ITHACA, N.Y. — A major dietary study suggests that humans are a vegetarian species whose risk of disease is increased by eating meat and animal products, says a Cornell University researcher.
A plant-based diet is more likely to promote good health and reduce the risks of heart problems, cancer, diabetes, osteoporosis and other diseases, according to the preliminary findings of the continuing study in China.
“People who eat mostly plant foods and a generous variety of plant foods … that is the kind of diet that is most likely to be associated with reduced risk of the kinds of disease that tend to kill us in this country,” said T. Colin Campbell, a nutritional biochemist who directed the continuing study.
Other dietary studies reached similar conclusions focusing on one aspect of a specific disease or on individual foods or nutrients, but none has taken such an extensive look at “the total dietary pattern effect,” said Campbell.
“Animal foods, in general, are not really helpful and we need to get away from eating them,” he said.
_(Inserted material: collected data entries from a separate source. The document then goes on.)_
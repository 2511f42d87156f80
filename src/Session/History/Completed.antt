-- ===== src/Session/History/Completed.antt =====
-- A completed session is final: no later call changes its row.
use mathlib.Core.Path.{subst}
use tao_core_go.Prelude.{
  ℕ, Text, Bool, true, false, List, [], ◌∷◌, ◌≡◌, sym, inl, inr, arith, ◌==◌, nat_eq,
  text_eq_instance, text_eq_refl, Bool-cases,
}
use tao_core_go.Prelude.Rows.{In, In-unique, In-update_where, In-append_left}
use tao_core_go.Float.{Float64}
use tao_core_go.Models.{completed, status_eq_instance, TestSession}
use tao_core_go.Store.{Db, World}
use tao_core_go.Store.Atomic.{Outcome-keeps}
use tao_core_go.Text.{trim_space}
use tao_core_go.Session.{Env}
use tao_core_go.Session.Lookup.{Loaded}
use tao_core_go.Session.Start.{is_open}
use tao_core_go.Session.Start.Outcome.{Granted, resumed, begun, created}
use tao_core_go.Session.Start.Laws.{start_session-Starts}
use tao_core_go.Session.Save.Laws.{save_response-Saves}
use tao_core_go.Session.Submit.{submittable, complete, submit_session}
use tao_core_go.Session.Submit.Outcome.{Submitted, submit-Submits}
use tao_core_go.Session.Consistency.Invariant.{IsConsistent, open_session_In}
use tao_core_go.Session.History.{
  Call, start_call, save_call, submit_call, step, run, step-IsConsistent,
}

module _ {F : Type 0} ⦃float : Float64 F⦄ (x : TestSession F)
    (finished : x.status ≡ completed) where
  Granted-keeps :
      (env : Env) (d u : Text) (db : Db F)
      → IsConsistent db
      → In x db.sessions
      → {s : TestSession F} {rows : List (TestSession F)} → Granted env d u db s rows
      → In x rows
  unfolding is_open
  Granted-keeps env d u db c i (resumed s found started) = i
  Granted-keeps env d u db c i (begun s s' found e) =
      let (listed, opened) = open_session_In d u db.sessions s found in
      elim (Bool-cases (x.id == s.id)) [
        | inl same ↦
            let one : x ≡ s =
              In-unique (λ (y : TestSession F). y.id == s.id) db.sessions x s (c.session_ids s.id) i
                listed same (text_eq_refl s.id) in
            absurd (ground (arith, finished, opened, one))
        | inr other ↦ In-update_where (λ r. r.id == s.id) (λ _. s') db.sessions x i other
      ]
  Granted-keeps env d u db c i (created delivery listed no_open room fresh) =
      In-append_left db.sessions _ x i

  not_submittable : (sid uid : Text) → submittable sid uid x ≡ false
  unfolding submittable
  not_submittable sid uid = ground (arith, finished)

  module _ (fold : ℕ → ℕ) where
    Submitted-keeps :
        (env : Env) (sid uid : Text) (db : Db F)
        → In x db.sessions
        → (loaded : Loaded F × Bool) (db' : Db F) → Submitted fold env sid uid db loaded db'
        → In x db'.sessions
    Submitted-keeps env sid uid db i (loaded, true) db' k =
        subst (λ (t : Db F). In x t.sessions) (sym k.updated)
          (In-update_where (submittable k.session.id k.session.user_id) (complete env.now k.total)
            db.sessions x i (not_submittable k.session.id k.session.user_id))
    Submitted-keeps env sid uid db i (loaded, false) db' k =
        subst (λ (t : Db F). In x t.sessions) (sym k.unchanged) i

    pub step-keeps :
        (call : Call) (w : World F)
        → IsConsistent w.db
        → In x w.db.sessions
        → In x (step fold call w).1.db.sessions
    unfolding step submit_session
    step-keeps (start_call env d u) w c i =
        Outcome-keeps w.db _ _ (λ db. In x db.sessions) i
          (λ s db' g.
            subst (λ (t : Db F). In x t.sessions) (sym g.updated)
              (Granted-keeps env (trim_space d) (trim_space u) w.db c i g.granted))
          _ _ (start_session-Starts env d u w)
    step-keeps (save_call env sid uid iid answer) w c i =
        Outcome-keeps w.db _ _ (λ db. In x db.sessions) i
          (λ row db' a. subst (λ (t : Db F). In x t.sessions) (sym a.updated) i) _ _
          (save_response-Saves env sid uid iid answer w)
    step-keeps (submit_call services env sid uid) w c i =
        Outcome-keeps w.db _ _ (λ db. In x db.sessions) i (Submitted-keeps env sid uid w.db i) _ _
          (submit-Submits fold env sid uid w)

    -- In consistent tables the row of a completed session, with its score and its times, stands
    -- unchanged after any history of calls.
    pub run-keeps_completed :
        (calls : List Call) (w : World F)
        → IsConsistent w.db
        → In x w.db.sessions
        → In x (run fold calls w).1.db.sessions
    unfolding run
    run-keeps_completed [] w c i = i
    run-keeps_completed (call ∷ calls) w c i =
        run-keeps_completed calls (step fold call w).1 (step-IsConsistent fold call w c)
          (step-keeps call w c i)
Only in the last few thousand years have meat and animal products become staples of our diet. “That’s not nearly enough time to evolve new mechanisms to give us protection from those kinds of foods,” said Campbell, who is writing a book on the reasons humans have turned into carnivores.
The study began in 1983 to explore dietary causes of cancer but was expanded to include heart and metabolic diseases and a variety of infectious diseases. Aiding Cornell in the study are scientists from the Chinese Academies of Preventive Medicine and of Medical Sciences and the University of Oxford.
Scientists surveyed 6,500 Chinese, each of whom contributed 367 facts about their diet. The preliminary findings will be reported in a 900-page monograph to be published next month by Cornell University Press.
Campbell said there were several provocative findings regarding proteins, fat and cholesterol among the roughly 8,000 correlations that were found statistically and biologically significant in the study.
The study found that the Chinese consume one-third less protein than Americans and that only 7 percent of their protein comes from animal sources, compared with 70 percent for Americans.
“The dietary guidelines that have been formulated in the West rather incorrectly protect our intake of animal protein. Consumption of animal protein itself also raises the risk of cancer and heart disease,” he said.
Previous studies have urged reducing dietary fat to less than 30 percent of an individual’s daily caloric intake to curb the risk of heart disease and cancer. But the Chinese study suggests that fat should account for a maximum of 20 percent — and preferably only 10 to 15 percent — of calories.
Campbell said the Chinese consume 20 percent more calories than Americans do, but Americans are 25 percent fatter. That’s because Chinese eat about a third of the fat that Americans do and twice as much starch.
The study also found that the Chinese had a lower cholesterol level than Americans, who consume more animal foods and dairy products.